ImJeremyHe / xmlserde

A user-friendly Rust library for serializing or deserializing the XML files

Geek Repo:Geek Repo

Github PK Tool:Github PK Tool

Support tags containing child, text or both

Shohaii opened this issue · comments

Hi Jeremy, thanks for great crate.

I am trying to deserialize following xml:

<office:document-content>
    <office:body>
        <office:text text:use-soft-page-breaks="true">
            <text:p text:style-name="Normal">
                <text:span text:style-name="T2">Progress:<text:s/>
                </text:span>
                <text:span text:style-name="T3">
                    <office:annotation office:name="0" xml:id="1825723351">
                        <dc:creator>Name Surname</dc:creator>
                        <dc:date>2024-03-12T10:30:00</dc:date>
                        <meta:creator-initials>NS</meta:creator-initials>
                        <text:p text:style-name="CommentText">progress indicator</text:p>
                    </office:annotation>100%</text:span>
                <text:span text:style-name="CommentReference">
                    <office:annotation-end office:name="0"/>
                </text:span>
            </text:p>
            <text:p text:style-name="P4">Task completed!</text:p>
            <text:p text:style-name="P5"/>
        </office:text>
    </office:body>
</office:document-content>

Yes, I know, it has nothing in common with LogiSheets, but your crate works almost perfectly even for ODT file.

The problem is with preparation of rust structs and enums for deserialization of:

  • <text:p> - can have a children or can have a text or none of it
  • <text:span> - can have a children <office:annotation>, <office:annotation-end>, <text:s/> and text

I tried to implement it like this (ignoring attributes):

#[derive(Debug, XmlSerialize, XmlDeserialize)]
pub struct OfficeText {
    #[xmlserde(name = b"text:p", ty = "child")]
    pub text_p: TextP,
}

#[derive(Debug, XmlSerialize, XmlDeserialize)]
pub struct TextP {
    #[xmlserde(ty = "untag")]
    pub text_p_content: Option<TextPContent>,
}

#[derive(Debug, XmlSerialize, XmlDeserialize)]
pub enum TextPContent {
    #[xmlserde(ty = "text")]
    Text(String),
    #[xmlserde(name = b"text:span")]
    TextSpans(Vec<TextSpan>)
}

#[derive(Debug, XmlSerialize, XmlDeserialize)]
pub struct TextSpan {
    #[xmlserde(ty = "untag")]
    pub text_span_content: Vec<TextSpanContent>,
}

#[derive(Debug, XmlSerialize, XmlDeserialize)]
pub enum TextSpanContent {
    #[xmlserde(ty = "text")]
    Text(String),
    #[xmlserde(name = b"text:s", ty = "sfc")]
    TextS,
    #[xmlserde(name = b"office:annotation")]
    OfficeAnnotation(OfficeAnnotation),
    #[xmlserde(name = b"office:annotation-end", ty = "sfc")]
    OfficeAnnotationEnd(OfficeAnnotationEnd),
}

#[derive(Debug, XmlSerialize, XmlDeserialize)]
pub struct OfficeAnnotation {
    // whatever
}

#[derive(Debug, XmlSerialize, XmlDeserialize)]
pub struct OfficeAnnotationEnd {
    // whatever
}

Unfortunately, this is not compilable, but I wonder if there is a way, how to make it work with xmlserde crate.
Sorry if I made some silly mistake in code, I am new to Rust.
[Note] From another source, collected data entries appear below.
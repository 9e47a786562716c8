-- ===== src/Protocol/Claim/Conditions.antt =====
-- The condition of zipc_buffer_claim.
use z_ipc.State.{Slot, Message, World, Buffer}
use z_ipc.Protocol.Claim.{
  refuse_claim, drop_claim, drop_claim_closing, received_slot, commit_claim, claim_claimed,
  claim_slot, buffer_claim,
}
use z_ipc.Platform.{now_ns, tick, protect_slot, Platform}
use z_ipc.Base.{
  ◌≤◌, false, ◌+◌, ◌↔◌, not, arith, leb, ◌&&◌, true, ◌||◌, ◌^◌, ◌≡◌, ◌==◌, ◌<◌, Bool, ℕ,
}
use z_ipc.Handle.{
  ClaimKind, claim_token_make, claim_code, claim_token_kind, handle_generation, handle_slot_id,
}
use z_ipc.Status.{claiming, in_transfer, is_in_transfer, is_ok, component_id_valid}
use z_ipc.Buffer.{make_view}
use z_ipc.Protocol.Common.{past_hop_limit, past_deadline}
use z_ipc.Component.{registered_epoch}

module _ (p : Platform) (message : Message) (receiver : ℕ) where
  abbrev slot_id : ℕ
  slot_id = handle_slot_id message.handle

  abbrev before : World → Slot
  before w = w.pool.controls slot_id

  -- The token of a slot that a claim may replace: none, or that of a send which has published the
  -- slot and not yet cleared it.
  abbrev pub claimable : ℕ → Bool
  claimable token = (token == 0) || (claim_token_kind token == claim_code ClaimKind.send)

  -- What a claim asks for.
  pub record CanClaim (w : World) : Type 0 where
    pub usable : component_id_valid receiver ≡ true
    pub addressed : (message.pool_id ≡ w.pool.pool_id) × (message.destination_component ≡ receiver)
    pub exists : slot_id < w.pool.header.slot_count
    pub state : (before w).state ≡ in_transfer
    pub generation : (before w).generation ≡ handle_generation message.handle
    pub source : (before w).owner_id ≡ message.source_component
    pub next_owner : (before w).next_owner_id ≡ receiver
    pub sequence : (before w).transfer_sequence ≡ message.transfer_sequence
    pub unclaimed : claimable (before w).claim_token ≡ true
    pub in_time : past_deadline (before w) (now_ns p w) ≡ false
    pub hops_left : past_hop_limit (before w) ≡ false
    pub opened : is_ok (protect_slot p (tick w) slot_id true).0 ≡ true
    pub region_fits :
        (before w).region.offset + (before w).region.length ≤ w.pool.header.slot_capacity

  -- The payload pages open and the region lies in the slot.
  opens : World → Slot → Bool
  opens w s =
      is_ok (protect_slot p (tick w) slot_id true).0
      && leb (s.region.offset + s.region.length) w.pool.header.slot_capacity

  commit_claim_ok :
      (epoch claim now : ℕ) (s : Slot) (buffer : Buffer) (w : World)
      → w.pool.header.slot_capacity < 2 ^ 32
      → is_ok
          (commit_claim p message.handle slot_id receiver claim
            (received_slot receiver epoch now s)
            buffer
            (tick w)).0
        ≡ opens w s
  unfolding opens commit_claim drop_claim drop_claim_closing make_view received_slot protect_slot
  commit_claim_ok epoch claim now s buffer w small = ground arith

  -- The claimed slot answers the message, in time and below its hop limit.
  answers : World → Slot → Bool
  answers w s =
      (s.generation == handle_generation message.handle)
      && (s.owner_id == message.source_component)
      && (s.next_owner_id == receiver)
      && (s.transfer_sequence == message.transfer_sequence)
      && not (past_deadline s (now_ns p w))
      && not (past_hop_limit s)

  claim_claimed_ok :
      (epoch claim : ℕ) (s : Slot) (buffer : Buffer) (w : World)
      → w.pool.header.slot_capacity < 2 ^ 32
      → is_ok (claim_claimed p message slot_id receiver epoch claim s buffer w).0
        ≡ (answers w s && opens w s)
  unfolding answers claim_claimed refuse_claim
  claim_claimed_ok epoch claim s buffer w small =
      ground (arith, commit_claim_ok epoch claim (now_ns p w) s buffer w small)

  claim_slot_ok :
      (epoch : ℕ) (s : Slot) (buffer : Buffer) (w : World)
      → w.pool.header.slot_capacity < 2 ^ 32
      → is_in_transfer s.state ≡ true
      → is_ok (claim_slot p message slot_id receiver epoch s buffer w).0
        ≡ (claimable s.claim_token && answers w s && opens w s)
  unfolding claim_slot answers opens
  claim_slot_ok epoch s buffer w small on = ground (
    arith,
    claim_claimed_ok epoch (claim_token_make ClaimKind.receive receiver epoch)
        (record s {
          claim_token = claim_token_make ClaimKind.receive receiver epoch;
          state = claiming;
        })
        buffer w small,
  )

  -- In a pool of a 32-bit slot capacity, a claim succeeds exactly if the message is addressed to
  -- the receiver and this pool, and the slot is in transfer from the message's source to the
  -- receiver under the message's generation and sequence, with no claim but that of its send, in
  -- time, below its hop limit, with payload pages that open and a region inside the slot.
  pub buffer_claim_iff :
      (buffer : Buffer) (w : World)
      → w.pool.header.slot_capacity < 2 ^ 32
      → (is_ok (buffer_claim p message receiver buffer w).0 ≡ true) ↔ CanClaim w
  unfolding buffer_claim answers opens
  buffer_claim_iff buffer w small =
      let stage = claim_slot_ok (registered_epoch w.pool receiver) (before w) buffer w small in
      (
        λ good. record {
          usable = ground arith;
          addressed = ground arith;
          exists = ground arith;
          state = ground arith;
          generation = ground (arith, stage);
          source = ground (arith, stage);
          next_owner = ground (arith, stage);
          sequence = ground (arith, stage);
          unclaimed = ground (arith, stage);
          in_time = ground (arith, stage);
          hops_left = ground (arith, stage);
          opened = ground (arith, stage);
          region_fits = ground (arith, stage);
        },
        λ c. ground (arith, stage (ground arith)),
      )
There might be 3 options how to make it work:

  1. I could try to make custom implementation of XmlSerialize and XmlDeserialize traits for these situations
  2. You might consider adding support for these situations to xmlserde crate
  3. You might consider to make members of "Unparsed" struct public, so it would be possible to do manual parsing/deserializing for these tricky parts

I would like to know your opinion, thanks.
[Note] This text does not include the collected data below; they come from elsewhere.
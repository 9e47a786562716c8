-- ===== src/Protocol/Release/Laws.antt =====
-- Theorems on zipc_pool_buffer_release.
use z_ipc.State.{put_slot, region_zero, Slot, World}
use z_ipc.Protocol.Release.{pool_buffer_release, release_claim, freed_slot, release_claimed}
use z_ipc.Protocol.Frame.{Frame-of_pool, Frame-trans, Frame-put_slot, Frame, core_of}
use z_ipc.Platform.{protect_slot, Platform}
use z_ipc.Base.{
  inr, sym, inl, Bool-cases, leb, ◌↔◌, ◌<◌, ◌∙◌, refl, arith, ◌||◌, ◌==◌, not, ◌+◌, if_elim, true,
  false, ℕ, ◌≡◌,
}
use z_ipc.Status.{
  not_owner, invalid_state, stale_handle, claiming, invalid_argument, is_owned, component_id_valid,
  owned, is_ok, invalid_component_id, Status, free,
}
use z_ipc.Handle.{ClaimKind, handle_generation, claim_token_make, handle_slot_id}
use z_ipc.Trace.{trace_slot}
use z_ipc.Platform.Laws.{pool-protect_slot}
use z_ipc.Word.{u64}
use z_ipc.Protocol.Common.{give_back}
use z_ipc.Component.{registered_epoch}
use mathlib.Core.Path.{subst}

-- The slot `s'` after a release of `s`.
pub record Released (s s' : Slot) : Type 0 where
  pub core :
      core_of s'
      ≡ core_of (record s {
        state = free;
        owner_id = invalid_component_id;
        next_owner_id = invalid_component_id;
        region = region_zero;
      })
  pub claim_token : s'.claim_token ≡ 0

module _ (p : Platform) (handle current_owner : ℕ) where
  abbrev slot_id : ℕ
  slot_id = handle_slot_id handle

  abbrev before : World → Slot
  before w = w.pool.controls slot_id

  -- What a release makes of a slot that stands, in OWNED, as `s`.
  record Freeing (s : Slot) (w : World) (r : Status × World) : Type 0 where
    frame : Frame w slot_id r.1
    succeeded :
        is_ok r.0 ≡ true
        → Released s (r.1.pool.controls slot_id)
          × (r.1.pool.header.release_count ≡ u64 (w.pool.header.release_count + 1))
    refused :
        is_ok r.0 ≡ false
        → (core_of (r.1.pool.controls slot_id) ≡ core_of (record s { state = owned }))
          × (r.1.pool.header ≡ w.pool.header)

  release_claimed_lem :
      (epoch claim : ℕ) (s : Slot) (w : World)
      → s.claim_token ≡ claim
      → Freeing s w (release_claimed p slot_id current_owner epoch claim s w)
  unfolding release_claimed trace_slot freed_slot
  release_claimed_lem epoch claim s w mine =
      let P = Freeing s w in
      let (status, w1) = protect_slot p w slot_id false in
      let same : w1.pool ≡ w.pool = pool-protect_slot p w slot_id false in
      if_elim P (not (s.owner_id == current_owner) || not (s.owner_epoch == epoch))
        (λ _. record {
          frame = Frame-put_slot w slot_id (give_back owned claim s);
          succeeded = λ good. cc;
          refused = λ bad. (ground arith, refl);
        })
        λ _.
          if_elim P (not (is_ok status))
            (λ failed. record {
              frame =
                  Frame-trans (Frame-of_pool slot_id same)
                    (Frame-put_slot w1 slot_id (give_back owned claim s));
              succeeded = λ good. ground arith;
              refused = λ bad. (ground arith, ground arith);
            })
            λ _. record {
              frame = record { others = λ j ne. ground (arith, same); same_layout = ground arith };
              succeeded = λ good. (ground arith, ground arith);
              refused = λ bad. cc;
            }

  -- What a release makes of the slot.
  pub record Release (w : World) (r : Status × World) : Type 0 where
    pub frame : Frame w slot_id r.1
    pub succeeded :
        is_ok r.0 ≡ true
        → Released (before w) (r.1.pool.controls slot_id)
          × (r.1.pool.header.release_count ≡ u64 (w.pool.header.release_count + 1))
    pub refused :
        is_ok r.0 ≡ false
        → (core_of (r.1.pool.controls slot_id) ≡ core_of (before w))
          × (r.1.pool.header ≡ w.pool.header)

  refused-Release : (status : Status) (w : World) → is_ok status ≡ false → Release w (status, w)
  refused-Release status w bad = record {
    frame = Frame-of_pool slot_id refl;
    succeeded = λ good. cc;
    refused = λ e. (refl, refl);
  }

  Freeing-Release :
      (s : Slot) (w : World) (r : Status × World)
      → core_of (record s { state = owned }) ≡ core_of (before w)
      → Freeing s w r
      → Release w r
  Freeing-Release s w r same c = record {
    frame = c.frame;
    succeeded = λ good. released_as (c.succeeded good).0 (c.succeeded good).1;
    refused = λ bad. let (kept, counted) = c.refused bad in (kept ∙ same, counted);
  }
    where
      released_as :
          Released s (r.1.pool.controls slot_id)
          → r.1.pool.header.release_count ≡ u64 (w.pool.header.release_count + 1)
          → Released (before w) (r.1.pool.controls slot_id)
            × (r.1.pool.header.release_count ≡ u64 (w.pool.header.release_count + 1))
      released_as f counted =
          (record { core = ground (arith, f.core); claim_token = f.claim_token }, counted)

  release_claim_lem :
      (epoch : ℕ) (w : World)
      → is_owned (before w).state ≡ true
      → Release w (release_claim p slot_id current_owner epoch (before w) w)
  unfolding release_claim
  release_claim_lem epoch w mine = elim (Bool-cases ((before w).claim_token == 0)) [
    | inl won ↦ subst (Release w) (sym (goes won)) (
        Freeing-Release claimed w (release_claimed p slot_id current_owner epoch claim claimed w)
          (ground arith) (release_claimed_lem epoch claim claimed w refl))
    | inr lost ↦ subst (Release w) (sym (stays lost)) (record {
      frame = Frame-put_slot w slot_id noted;
      succeeded = λ good. cc;
      refused = λ e. (ground arith, refl);
    })
  ]
    where
      claim : ℕ
      claim = claim_token_make ClaimKind.release current_owner epoch

      noted : Slot
      noted = record (before w) {
        claim_previous_region = (before w).region;
        claim_previous_owner = (before w).owner_id;
        claim_previous_owner_epoch = (before w).owner_epoch;
      }

      claimed : Slot
      claimed = record noted { claim_token = claim; state = claiming }

      goes :
          ((before w).claim_token == 0) ≡ true
          → release_claim p slot_id current_owner epoch (before w) w
            ≡ release_claimed p slot_id current_owner epoch claim claimed w
      goes won = ground arith

      stays :
          ((before w).claim_token == 0) ≡ false
          → release_claim p slot_id current_owner epoch (before w) w
            ≡ (invalid_state, put_slot w slot_id noted)
      stays lost = ground arith

  -- A release that succeeds frees the slot, with no owner, no receiver, an empty region and no
  -- claim, and counts itself; one that is refused leaves the core of the slot and the pool header
  -- as they were. Neither touches another slot, the payload or the component table.
  pub pool_buffer_release_lem :
      (w : World) → Release w (pool_buffer_release p handle current_owner w)
  unfolding pool_buffer_release
  pool_buffer_release_lem w =
      let P = Release w in
      let s = before w in
      let epoch = registered_epoch w.pool current_owner in
      if_elim P (not (component_id_valid current_owner))
        (λ _. refused-Release invalid_argument w refl)
        λ _.
          if_elim P (leb w.pool.header.slot_count slot_id)
            (λ _. refused-Release Status.invalid_handle w refl)
            λ _.
              if_elim P (not (s.generation == handle_generation handle))
                (λ _. refused-Release stale_handle w refl)
                λ _.
                  if_elim P (not (is_owned s.state)) (λ _. refused-Release invalid_state w refl)
                    λ mine.
                      if_elim P (not (s.owner_id == current_owner) || not (s.owner_epoch == epoch))
                        (λ _. refused-Release not_owner w refl)
                        λ _. release_claim_lem epoch w (ground arith)

  -- What a release asks for.
  pub record CanRelease (w : World) : Type 0 where
    pub usable : component_id_valid current_owner ≡ true
    pub exists : slot_id < w.pool.header.slot_count
    pub generation : (before w).generation ≡ handle_generation handle
    pub state : (before w).state ≡ owned
    pub owner_id : (before w).owner_id ≡ current_owner
    pub owner_epoch : (before w).owner_epoch ≡ registered_epoch w.pool current_owner
    pub unclaimed : (before w).claim_token ≡ 0
    pub closed : is_ok (protect_slot p w slot_id false).0 ≡ true

  -- A release succeeds exactly if the component is usable, the slot exists, and the slot is owned
  -- by the component in its current epoch under the handle's generation and unclaimed, and the
  -- platform closes the payload pages.
  pub pool_buffer_release_iff :
      (w : World) → (is_ok (pool_buffer_release p handle current_owner w).0 ≡ true) ↔ CanRelease w
  unfolding pool_buffer_release release_claim release_claimed protect_slot
  pool_buffer_release_iff w = (
    λ good. record {
      usable = ground arith;
      exists = ground arith;
      generation = ground arith;
      state = ground arith;
      owner_id = ground arith;
      owner_epoch = ground arith;
      unclaimed = ground arith;
      closed = ground arith;
    },
    λ c. ground arith,
  )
@Shohaii Thank you for your report.
If I understand correctly, you want a feature that an enum type that can have variants from child type or text type, right?
like:

pub enum TestEnum {
      #[xmlserde(ty="text")]
       V1(string)
      #[xmlserde(ty="child")]
       V2(StructA)
}

I think this is a good idea. I would like to add a feature like that.
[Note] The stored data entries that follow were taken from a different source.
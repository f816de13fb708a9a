-- ===== src/Schedule/Reports/Due.antt =====
-- When a report is due, over histories of events.
use radio_sensors.Prelude.{
  ℕ, zero, suc, ◌+◌, ◌≤◌, ◌≡◌, refl, ◌∙◌, true, List, [], ◌∷◌, arith, leb, ltb, ◌==◌, if◌then◌else◌,
  sub32, All,
}
use radio_sensors.Schedule.Reports.{
  ClimateReportSchedule, climate_due, climate_attempted, BinaryReportSchedule, new_binary,
  binary_state_changed, binary_due, binary_take_urgent, binary_sent, CounterReportSchedule,
  pulse_recorded, counter_due, counter_sent, interval_for_millivolts, event_node_keep_alive_ms,
  counter_minimum_report_ms,
}

-- After an attempt the next climate report is due exactly when the interval for the voltage that
-- the attempt measured is over, whatever the schedule was before.
pub climate_due-attempted :
    (s : ClimateReportSchedule) (at supply now : ℕ)
    → let p = s.policy in
      climate_due (climate_attempted s at supply).0 now
      ≡ leb
          (if ltb p.low_charge_threshold_mv supply
            then p.charged_interval_ms
            else p.low_charge_interval_ms)
          (sub32 now at)
unfolding climate_due climate_attempted interval_for_millivolts
climate_due-attempted s at supply now = ground arith

-- What happens to a binary schedule.
pub data BinaryEvent : Type 0 where
  changed urgency_taken : BinaryEvent
  sent : ℕ → BinaryEvent

pub binary_step : BinaryReportSchedule → BinaryEvent → BinaryReportSchedule
binary_step s changed = binary_state_changed s
binary_step s urgency_taken = (binary_take_urgent s).0
binary_step s (sent now) = binary_sent s now

pub binary_run : BinaryReportSchedule → List BinaryEvent → BinaryReportSchedule
binary_run s [] = s
binary_run s (e ∷ es) = binary_run (binary_step s e) es

-- No transmission succeeds.
abbrev pub IsUnsent : BinaryEvent → Type 0
IsUnsent (sent now) = ⊥
IsUnsent _ = Unit {0}

state_changed_kept :
    (s : BinaryReportSchedule) (es : List BinaryEvent) (now : ℕ)
    → s.state_changed ≡ true
    → All IsUnsent es
    → binary_due (binary_run s es) now ≡ true
unfolding binary_run binary_step
state_changed_kept s [] now h u = unfold binary_due in ground arith
state_changed_kept s (changed ∷ es) now h u =
    state_changed_kept (binary_state_changed s) es now (unfold binary_state_changed in refl) u.1
state_changed_kept s (urgency_taken ∷ es) now h u =
    state_changed_kept (binary_take_urgent s).0 es now (unfold binary_take_urgent in h) u.1
state_changed_kept s (sent t ∷ es) now h u = absurd u.0

-- A changed contact is due at every time until a transmission succeeds, whatever else happens.
pub changed_due_until_sent :
    (s : BinaryReportSchedule) (es : List BinaryEvent) (now : ℕ)
    → All IsUnsent es
    → binary_due (binary_run (binary_state_changed s) es) now ≡ true
changed_due_until_sent s es now u =
    state_changed_kept (binary_state_changed s) es now (unfold binary_state_changed in refl) u

-- The attempts that were urgent, and the changes of state.
pub urgent_attempts : BinaryReportSchedule → List BinaryEvent → ℕ
urgent_attempts s [] = 0
urgent_attempts s (changed ∷ es) = urgent_attempts (binary_state_changed s) es
urgent_attempts s (urgency_taken ∷ es) =
    (if (binary_take_urgent s).1 then 1 else 0) + urgent_attempts (binary_take_urgent s).0 es
urgent_attempts s (sent now ∷ es) = urgent_attempts (binary_sent s now) es

abbrev pub changes : List BinaryEvent → ℕ
changes [] = 0
changes (changed ∷ es) = suc (changes es)
changes (_ ∷ es) = changes es

urgent_attempts-le :
    (s : BinaryReportSchedule) (es : List BinaryEvent)
    → urgent_attempts s es ≤ (if s.urgent then 1 else 0) + changes es
unfolding urgent_attempts binary_state_changed binary_take_urgent binary_sent
urgent_attempts-le s [] = ground arith
urgent_attempts-le s (changed ∷ es) = ground (arith, urgent_attempts-le (binary_state_changed s) es)
urgent_attempts-le s (urgency_taken ∷ es) =
    ground (arith, urgent_attempts-le (binary_take_urgent s).0 es)
urgent_attempts-le s (sent now ∷ es) = ground (arith, urgent_attempts-le (binary_sent s now) es)

-- From a new schedule, retry backoff is skipped at most once for each change of state.
pub urgent_attempts-le-changes :
    (interval : ℕ) (es : List BinaryEvent) → urgent_attempts (new_binary interval) es ≤ changes es
urgent_attempts-le-changes interval es =
    let h = urgent_attempts-le (new_binary interval) es in unfold new_binary in omega (arith, h)

-- Pulses that are recorded one after the other.
pub pulses : ℕ → CounterReportSchedule → CounterReportSchedule
pulses zero s = s
pulses (suc n) s = pulses n (pulse_recorded s)

pulses_again : (n : ℕ) (s : CounterReportSchedule) → pulses n (pulse_recorded s) ≡ pulse_recorded s
unfolding pulses
pulses_again zero s = refl
pulses_again (suc n) s = pulses_again n (pulse_recorded s) ∙ (unfold pulse_recorded in refl)

-- After a report was sent, with no count set since, the next one is due after an hour if no pulse
-- was recorded, and after a minute if there were any.
pub counter_due-sent :
    (s : CounterReportSchedule) (n at now : ℕ)
    → s.keep_alive.interval_ms ≡ event_node_keep_alive_ms
    → counter_due (pulses n (counter_sent s at)) now
      ≡ leb (if n == 0 then event_node_keep_alive_ms else counter_minimum_report_ms) (sub32 now at)
unfolding pulses counter_due counter_sent pulse_recorded
counter_due-sent s zero at now h = ground arith
counter_due-sent s (suc n) at now h = rw (pulses_again n (counter_sent s at)) (ground arith)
@ImJeremyHe Thank you for your quick reply.
Yes, your suggestion looks great.

I hope that then, the implementation like this:

#[derive(Debug, XmlSerialize, XmlDeserialize)]
pub struct TextP {
    #[xmlserde(ty = "untag")]
    pub text_p_content: Vec<TextPContent>,
}

#[derive(Debug, XmlSerialize, XmlDeserialize)]
pub enum TextPContent {
    #[xmlserde(ty = "text")]
    Text(String),
    #[xmlserde(name = b"text:span", ty = "child")]
    TextSpan(TextSpan),
}

would solve all my issues.

  1. vector of children or text or both
  2. empty vector for <text:p text:style-name="P5"/> case

or maybe you can think of a better way.
Anyway something like this would be great.

Thank you for your time.

I will work on this later. Thanks for your confirmation

@Shohaii Please have a look at this unit test.

Hi @ImJeremyHe, the feature works great. thank you.
Long live the crate.